The applicant argued that section 15 of the 1956 Act id unconstitutional insofar as it allows the Minister to refuse to grant a certificate of Naturalisation in his absolute discretion i.e. without giving reasons. Additionally he argues that the section should be interpreted in the sense that the minister is obliged to give reasons.

Mr. Mallak also complained that the ministers decision refusing him a certificate of Naturalisation has significant consequences for a person declared a refugee as he is left effectively stateless.

The Minister argued that in cases of absolute discretion, there is no obligation to give reasons. Thus s 15 of the Act of 1956 necessarily excludes any duty to give reasons since such a duty would negate the nature of the discretion conferred.

It was highlighted that Naturalisation is granted by the minister as a matter of privilege and not a right.

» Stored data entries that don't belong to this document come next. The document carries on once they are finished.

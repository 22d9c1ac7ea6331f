-- ===== src/Capability.antt =====
-- src/constrail/capability/manager.py: the manifests, and the check of a tool call against them.
pub mod Paths
pub mod Manager
pub mod Isolation
use constrails.Prelude.{
  ℕ, String, Option, none, some, List, [], ◌∷◌, ◌++◌, map, Bool, true, false, not, ◌&&◌, ◌||◌, ◌==◌,
  if◌then◌else◌, or_default, opt_eq, is_some, find, any, all, member, lookup, insert, concat, codes,
  is_prefix, codes_eq, rstrip, leb, nat_eq, zero, ℤ, pos,
}
use constrails.Models.{Value, null, bool, int, float, str, arr, nil, obj, end, Dict, AgentIdentity}
use constrails.Capability.Paths.{normpath}

pub record ToolAllowance : Type 0 where
  pub tool_name : String
  pub allowed_parameters : Option (List String)
  pub deny_parameters : Option (List String)
  pub max_calls_per_minute : Option ℕ
  pub require_approval : Bool
  pub path_prefixes : List String
  pub allowed_domains : List String
  pub command_allowlist : List String

pub record CapabilityManifest : Type 0 where
  pub agent_id : String
  pub tenant_id : Option String
  pub namespace : Option String
  pub version : ℕ
  pub allowances : List ToolAllowance
  pub expires_at : Option String

-- An entry of "allowances" in a file, with the keys that it has.
pub record AllowanceFields : Type 0 where
  pub tool : Option String
  pub allowed_parameters : Option (List String)
  pub deny_parameters : Option (List String)
  pub max_calls_per_minute : Option ℕ
  pub require_approval : Option Bool
  pub path_prefixes : Option (List String)
  pub allowed_domains : Option (List String)
  pub command_allowlist : Option (List String)

pub record ManifestFields : Type 0 where
  pub allowances : Option (List AllowanceFields)
  pub agent_id : Option String
  pub tenant_id : Option String
  pub namespace : Option String
  pub version : Option ℕ
  pub expires_at : Option String

abbrev get_or {ℓ} : {A : Type ℓ} → Option A → A → A
get_or none d = d
get_or (some a) d = a

abbrev allowance_of : String → AllowanceFields → ToolAllowance
allowance_of tool f = record {
  tool_name = tool;
  allowed_parameters = f.allowed_parameters;
  deny_parameters = f.deny_parameters;
  max_calls_per_minute = f.max_calls_per_minute;
  require_approval = get_or f.require_approval false;
  path_prefixes = get_or f.path_prefixes [];
  allowed_domains = get_or f.allowed_domains [];
  command_allowlist = get_or f.command_allowlist [];
}

-- The loop of `_parse_manifest`: an entry with no tool is skipped.
unfoldable pub parse_allowances : List AllowanceFields → List ToolAllowance
parse_allowances [] = []
parse_allowances (f ∷ fs) =
    let rest = parse_allowances fs in
    elim f.tool [
      | none ↦ rest
      | some tool ↦ if tool == "" then rest else allowance_of tool f ∷ rest
    ]

unfoldable pub parse_manifest : ManifestFields → CapabilityManifest
unfolding parse_allowances
parse_manifest f = record {
  agent_id = get_or f.agent_id "unknown";
  tenant_id = f.tenant_id;
  namespace = f.namespace;
  version = get_or f.version 1;
  allowances = parse_allowances (get_or f.allowances []);
  expires_at = f.expires_at;
}

-- Text formatting of the three parts of a key.
unfoldable pub manifest_key : String → Option String → Option String → String
manifest_key agent_id tenant_id namespace =
    concat (or_default tenant_id "_" ∷ "::" ∷ or_default namespace "_" ∷ "::" ∷ agent_id ∷ [])

abbrev pub key_of : CapabilityManifest → String
key_of m = manifest_key m.agent_id m.tenant_id m.namespace

abbrev pub Manifests : Type 0
Manifests = List (String × CapabilityManifest)

-- `_load_manifests`, from what the files of the directory parse to, in the order of the listing;
-- `none` is a file that could not be read or parsed, which is reported and skipped.
unfoldable pub load_manifests : Manifests → List (Option ManifestFields) → Manifests
load_manifests ms [] = ms
load_manifests ms (file ∷ files) =
    load_manifests
      (elim file [ none ↦ ms | some f ↦ let m = parse_manifest f in insert (key_of m) m ms ]) files

-- `reload`: clear, and load again.
unfoldable pub reload : Manifests → List (Option ManifestFields) → Manifests
reload ms files = load_manifests [] files

-- The loop of `_find_manifest` over the values.
abbrev pub suits : AgentIdentity → String × CapabilityManifest → Bool
suits agent (k, m) =
    m.agent_id == agent.agent_id
    && not (
        is_some agent.tenant_id
        && not (opt_eq m.tenant_id none || opt_eq m.tenant_id agent.tenant_id))

abbrev pub value {ℓ} : {A : Type ℓ} → Option (String × A) → Option A
value none = none
value (some (k, m)) = some m

abbrev pub or_else {ℓ} : {A : Type ℓ} → Option A → Option A → Option A
or_else none other = other
or_else (some a) other = some a

unfoldable pub find_manifest : Manifests → AgentIdentity → Option CapabilityManifest
find_manifest ms agent =
    or_else (lookup (manifest_key agent.agent_id agent.tenant_id agent.namespace) ms) (
      or_else (lookup (manifest_key agent.agent_id agent.tenant_id none) ms) (
        or_else (lookup (manifest_key agent.agent_id none none) ms)
          (value (find (suits agent) ms))))

-- Python's truth of a value.
abbrev pub is_true : Value → Bool
is_true null = false
is_true (bool b) = b
is_true (int (pos zero)) = false
is_true (int _) = true
is_true (float x) = not (nat_eq x 0 || nat_eq x 0x8000000000000000)
is_true (str s) = not (s == "")
is_true (arr nil) = false
is_true (arr _) = true
is_true (obj end) = false
is_true (obj _) = true

-- The text of a truthy value: `some none` where it is missing or false, and `none` where it is no
-- text, on which the methods that the checks call raise an exception.
unfoldable pub text_arg : Option Value → Option (Option String)
text_arg none = some none
text_arg (some (str s)) = some (if s == "" then none else some s)
text_arg (some v) = if is_true v then none else some none

unfoldable pub under : List ℕ → List ℕ → Bool
under normalized base =
    codes_eq normalized base || is_prefix (rstrip b'/' base ++ b'/' ∷ []) normalized

unfoldable pub path_allowed : String → List String → Bool
path_allowed path prefixes = any (λ p. under (normpath (codes path)) (normpath (codes p))) prefixes

-- The white space that `strip` removes.
abbrev pub is_space : ℕ → Bool
is_space c =
    leb 9 c && leb c 13
    || leb 28 c && leb c 32
    || nat_eq c 0x85
    || nat_eq c 0xA0
    || nat_eq c 0x1680
    || leb 0x2000 c && leb c 0x200A
    || leb 0x2028 c && leb c 0x2029
    || nat_eq c 0x202F
    || nat_eq c 0x205F
    || nat_eq c 0x3000

unfoldable pub lstrip : List ℕ → List ℕ
lstrip [] = []
lstrip (c ∷ cs) = let rest = lstrip cs in if is_space c then rest else c ∷ cs

unfoldable pub rstrip_space : List ℕ → List ℕ
rstrip_space [] = []
rstrip_space (c ∷ cs) = elim (rstrip_space cs) [
  | [] ↦ if is_space c then [] else c ∷ []
  | d ∷ ds ↦ c ∷ d ∷ ds
]

unfoldable pub strip : List ℕ → List ℕ
unfolding lstrip rstrip_space
strip s = rstrip_space (lstrip s)

unfoldable pub command_allowed : String → List String → Bool
command_allowed command allowlist =
    let c = strip (codes command) in
    any (λ a. codes_eq c (codes a) || is_prefix (codes a ++ b' ' ∷ []) c) allowlist
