-- ===== src/Adapters/Exec.antt =====
-- src/constrail/adapters/exec.py: the adapter for shell commands.
-- The executor is a parameter, a function of the four arguments that it is given.
use constrails.Prelude.{
  zero, suc, ℤ, pos, negsuc, show, String, Bool, true, false, not, ◌&&◌, Option, none, some, [],
  ◌∷◌, ◌≡◌, ◌↔◌, ◌⊎◌, refl, arith, if◌then◌else◌, lookup, concat, Option-cases, Bool-cases, inl,
  inr,
}
use constrails.Models.{
  Value, null, bool, int, str, obj, field, end, ToolCall, ToolResult, success, error, blocked,
  timeout,
}
use constrails.Capability.{is_true}

pub record SandboxExecutionResult : Type 0 where
  pub sandbox_id : String
  pub exit_code : Option ℤ
  pub stdout : String
  pub stderr : String
  pub timeout : Bool
  pub executor : String

-- How `sandbox_executor.execute` ended: a result, or an exception with its text.
pub data Execution : Type 0 where
  ran : SandboxExecutionResult → Execution
  failed : String → Execution

-- The executor, by what it makes of a command, a directory, an environment and a time limit.
abbrev pub SandboxExecutor : Type 0
SandboxExecutor = Value → Option Value → Option Value → Option Value → Execution

abbrev or_none : Option ℤ → Value
or_none none = null
or_none (some n) = int n

unfoldable pub to_dict : SandboxExecutionResult → Value
to_dict r = obj (
    field "sandbox_id" (str r.sandbox_id) (
      field "exit_code" (or_none r.exit_code) (
        field "stdout" (str r.stdout) (
          field "stderr" (str r.stderr)
            (field "timeout" (bool r.timeout) (field "executor" (str r.executor) end))))))

abbrev exited_with_zero : Option ℤ → Bool
exited_with_zero none = false
exited_with_zero (some (pos zero)) = true
exited_with_zero (some _) = false

-- `result.exit_code == 0 and not result.timeout`
abbrev pub succeeded : SandboxExecutionResult → Bool
succeeded r = exited_with_zero r.exit_code && not r.timeout

abbrev failure : String → ToolResult
failure message = record {
  success = false;
  error = some message;
  payload = some (obj end);
  metadata = [];
  status = error;
}

-- `str(result.exit_code)`
abbrev code_text : Option ℤ → String
code_text none = "None"
code_text (some (pos n)) = show n
code_text (some (negsuc n)) = concat ("-" ∷ show (suc n) ∷ [])

unfoldable pub result_of : SandboxExecutionResult → ToolResult
unfolding to_dict
result_of r = record {
  success = succeeded r;
  error =
      if succeeded r
      then none
      else if r.timeout
      then some (concat ("Command timed out in sandbox " ∷ r.sandbox_id ∷ []))
      else some (
          concat (
            "Command failed with exit code "
            ∷ code_text r.exit_code
            ∷ " in sandbox "
            ∷ r.sandbox_id
            ∷ []));
  payload = some (to_dict r);
  metadata = ("sandbox_id", str r.sandbox_id) ∷ ("sandbox_executor", str r.executor) ∷ [];
  status = if succeeded r then success else if r.timeout then timeout else error;
}

unfoldable pub execute : Option SandboxExecutor → Bool → ToolCall → ToolResult
execute sandbox_executor allow_unsandboxed call =
    let get : String → Option Value = λ name. lookup name call.parameters in
    elim (lookup "command" call.parameters) [
      | none ↦ failure "Missing required parameter 'command'"
      | some command ↦
          if not (is_true command)
          then failure "Missing required parameter 'command'"
          else elim sandbox_executor [
            | some run ↦ elim (run command (get "cwd") (get "env") (get "timeout")) [
              | ran r ↦ result_of r
              | failed e ↦ failure (concat ("Unexpected error: " ∷ e ∷ []))
            ]
            | none ↦
                if not allow_unsandboxed
                then record {
                  success = false;
                  error =
                      some
                        "Unsandboxed exec is disabled; configure a sandbox executor or explicitly opt into unsandboxed execution";
                  payload = some (obj (field "sandbox_required" (bool true) end));
                  metadata = [];
                  status = blocked;
                }
                else failure "Unsandboxed execution path is not enabled in this build"
          ]
    ]

-- The call ran in an executor, which reported exit code 0 and no timeout.
pub record Clean (sandbox_executor : Option SandboxExecutor) (call : ToolCall) : Type 0 where
  pub run : SandboxExecutor
  pub command : Value
  pub result : SandboxExecutionResult
  pub configured : sandbox_executor ≡ some run
  pub given : lookup "command" call.parameters ≡ some command
  pub named : is_true command ≡ true
  pub ended :
      run command
        (lookup "cwd" call.parameters)
        (lookup "env" call.parameters)
        (lookup "timeout" call.parameters)
      ≡ ran result
  pub exit_code : result.exit_code ≡ some (pos 0)
  pub in_time : result.timeout ≡ false

zero_exit : (code : Option ℤ) → exited_with_zero code ≡ true → code ≡ some (pos 0)
zero_exit none h = ground arith
zero_exit (some (pos zero)) h = refl
zero_exit (some (pos (suc n))) h = ground arith
zero_exit (some (negsuc n)) h = ground arith

Execution-cases :
    (e : Execution)
    → ((r : SandboxExecutionResult) × (e ≡ ran r)) ⊎ ((text : String) × (e ≡ failed text))
Execution-cases (ran r) = inl (r, refl)
Execution-cases (failed text) = inr (text, refl)

execute-Clean :
    (sandbox_executor : Option SandboxExecutor) (allow_unsandboxed : Bool) (call : ToolCall)
    → (execute sandbox_executor allow_unsandboxed call).success ≡ true
    → Clean sandbox_executor call
unfolding execute result_of
execute-Clean none allow_unsandboxed call h =
    elim (Option-cases (lookup "command" call.parameters)) [
      | inl missing ↦ absurd (ground (arith, h, missing))
      | inr (c, e) ↦ absurd (ground (arith, h, e))
    ]
execute-Clean (some run) allow_unsandboxed call h =
    elim (Option-cases (lookup "command" call.parameters)) [
      | inl missing ↦ absurd (ground (arith, h, missing))
      | inr (c, e) ↦ elim (Bool-cases (is_true c)) [
        | inr empty ↦ absurd (ground (arith, h, e, empty))
        | inl named ↦
            elim (Execution-cases (
              run c (lookup "cwd" call.parameters) (lookup "env" call.parameters)
                (lookup "timeout" call.parameters))) [
                  | inr (text, f) ↦ absurd (ground (arith, h, e, named, f))
                  | inl (r, f) ↦ record {
                    run = run;
                    command = c;
                    result = r;
                    configured = refl;
                    given = e;
                    named = named;
                    ended = f;
                    exit_code = zero_exit r.exit_code (ground (arith, h, e, named, f));
                    in_time = ground (arith, h, e, named, f);
                  }
                ]
      ]
    ]

Clean-execute :
    (sandbox_executor : Option SandboxExecutor) (allow_unsandboxed : Bool) (call : ToolCall)
    → Clean sandbox_executor call
    → (execute sandbox_executor allow_unsandboxed call).success ≡ true
unfolding execute result_of
Clean-execute sandbox_executor allow_unsandboxed call c =
    ground (arith, c.configured, c.given, c.named, c.ended, c.exit_code, c.in_time)

-- The adapter reports success exactly if there is an executor, the call has a command, and the executor
-- ran it with the directory, the environment and the time limit of the call to the exit code 0, in time.
pub execute-success_iff :
    (sandbox_executor : Option SandboxExecutor) (allow_unsandboxed : Bool) (call : ToolCall)
    → ((execute sandbox_executor allow_unsandboxed call).success ≡ true)
      ↔ Clean sandbox_executor call
execute-success_iff sandbox_executor allow_unsandboxed call = (
  execute-Clean sandbox_executor allow_unsandboxed call,
  Clean-execute sandbox_executor allow_unsandboxed call,
)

Fennelly J observed that there was an emerging assumption that persons affected by administrative decisions were entitled to know the reasons for them so they could understand them and potentially appeal.

It was held that while the granting of a certificate of Naturalisation was a privilege, not a right, and the Minister had discretion in that matter, Mr. Mallak was still entitled to have his application considered in accordance with law and to apply to the courts for redress.

The extent of the Minister’s obligation to give reasons arose in the developing general principles of judicial review and by reference to the particular statutory provision, the judge said.

This judgment has widespread implications for other administrative decisions where unfairness is at issue.

Welcoming the decision, Denise Charlton, Chief Executive of the Immigrant Council of Ireland said that they:

“Continue to call on the Government to ensure that people whose applications are unsuccessful are given the reasons in writing and a right to appeal to an independent body, as well as the courts.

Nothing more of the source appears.